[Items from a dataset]
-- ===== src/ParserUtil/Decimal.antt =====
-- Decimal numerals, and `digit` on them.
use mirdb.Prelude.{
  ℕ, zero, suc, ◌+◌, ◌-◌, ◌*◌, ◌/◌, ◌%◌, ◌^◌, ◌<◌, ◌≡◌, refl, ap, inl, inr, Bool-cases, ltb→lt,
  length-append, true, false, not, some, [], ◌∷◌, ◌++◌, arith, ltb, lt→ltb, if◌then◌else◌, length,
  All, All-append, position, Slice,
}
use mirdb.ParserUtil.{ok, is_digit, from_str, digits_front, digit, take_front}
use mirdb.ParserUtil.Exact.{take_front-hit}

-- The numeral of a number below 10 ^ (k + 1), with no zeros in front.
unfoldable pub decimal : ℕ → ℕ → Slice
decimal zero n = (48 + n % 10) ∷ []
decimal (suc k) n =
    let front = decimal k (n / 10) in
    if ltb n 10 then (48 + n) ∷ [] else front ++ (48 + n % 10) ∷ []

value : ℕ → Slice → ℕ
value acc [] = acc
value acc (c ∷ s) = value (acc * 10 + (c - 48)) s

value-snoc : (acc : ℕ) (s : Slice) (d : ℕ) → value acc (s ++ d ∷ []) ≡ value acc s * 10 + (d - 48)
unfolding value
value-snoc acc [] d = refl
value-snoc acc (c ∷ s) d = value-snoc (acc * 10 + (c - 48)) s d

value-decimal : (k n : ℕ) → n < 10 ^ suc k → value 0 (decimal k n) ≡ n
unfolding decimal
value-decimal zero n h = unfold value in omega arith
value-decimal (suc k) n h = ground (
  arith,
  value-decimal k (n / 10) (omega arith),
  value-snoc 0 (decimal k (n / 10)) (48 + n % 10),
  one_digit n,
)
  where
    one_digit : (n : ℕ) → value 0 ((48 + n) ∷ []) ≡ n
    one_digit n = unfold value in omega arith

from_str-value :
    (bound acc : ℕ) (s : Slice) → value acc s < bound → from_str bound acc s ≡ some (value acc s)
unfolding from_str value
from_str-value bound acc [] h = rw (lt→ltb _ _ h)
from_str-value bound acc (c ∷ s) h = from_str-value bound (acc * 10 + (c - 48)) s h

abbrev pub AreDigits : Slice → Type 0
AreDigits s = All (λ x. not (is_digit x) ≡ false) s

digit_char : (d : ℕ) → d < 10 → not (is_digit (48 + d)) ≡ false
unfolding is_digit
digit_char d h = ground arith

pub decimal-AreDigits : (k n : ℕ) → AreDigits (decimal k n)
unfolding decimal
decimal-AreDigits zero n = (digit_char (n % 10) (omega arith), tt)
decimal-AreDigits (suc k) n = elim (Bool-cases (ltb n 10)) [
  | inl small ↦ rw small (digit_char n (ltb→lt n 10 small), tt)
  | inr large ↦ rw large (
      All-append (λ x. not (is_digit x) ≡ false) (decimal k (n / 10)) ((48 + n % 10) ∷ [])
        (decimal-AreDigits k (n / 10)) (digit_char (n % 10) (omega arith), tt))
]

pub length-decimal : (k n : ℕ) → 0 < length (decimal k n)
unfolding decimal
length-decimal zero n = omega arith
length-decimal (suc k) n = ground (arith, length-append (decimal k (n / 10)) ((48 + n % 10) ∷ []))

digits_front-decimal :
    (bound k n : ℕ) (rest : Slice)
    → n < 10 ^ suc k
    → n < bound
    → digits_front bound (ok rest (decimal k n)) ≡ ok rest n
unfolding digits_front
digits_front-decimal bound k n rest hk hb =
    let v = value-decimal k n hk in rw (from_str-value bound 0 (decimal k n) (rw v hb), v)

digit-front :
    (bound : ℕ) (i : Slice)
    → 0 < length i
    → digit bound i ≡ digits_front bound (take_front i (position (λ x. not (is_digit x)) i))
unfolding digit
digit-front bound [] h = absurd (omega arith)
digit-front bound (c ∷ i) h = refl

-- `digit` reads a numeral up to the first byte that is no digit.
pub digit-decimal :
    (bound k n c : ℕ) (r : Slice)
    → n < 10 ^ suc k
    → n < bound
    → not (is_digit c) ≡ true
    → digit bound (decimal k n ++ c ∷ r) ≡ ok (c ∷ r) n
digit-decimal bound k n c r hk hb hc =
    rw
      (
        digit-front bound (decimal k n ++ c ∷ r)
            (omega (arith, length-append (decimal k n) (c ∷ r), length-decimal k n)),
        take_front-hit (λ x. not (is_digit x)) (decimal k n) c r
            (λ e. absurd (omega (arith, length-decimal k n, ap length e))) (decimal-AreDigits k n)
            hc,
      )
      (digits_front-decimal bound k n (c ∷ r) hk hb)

= Exercise objective =
From the entries above, list each line with "refl" in it.

= Completed exercise =
  ℕ, zero, suc, ◌+◌, ◌-◌, ◌*◌, ◌/◌, ◌%◌, ◌^◌, ◌<◌, ◌≡◌, refl, ap, inl, inr, Bool-cases, ltb→lt,
value-snoc acc [] d = refl
digit-front bound (c ∷ i) h = refl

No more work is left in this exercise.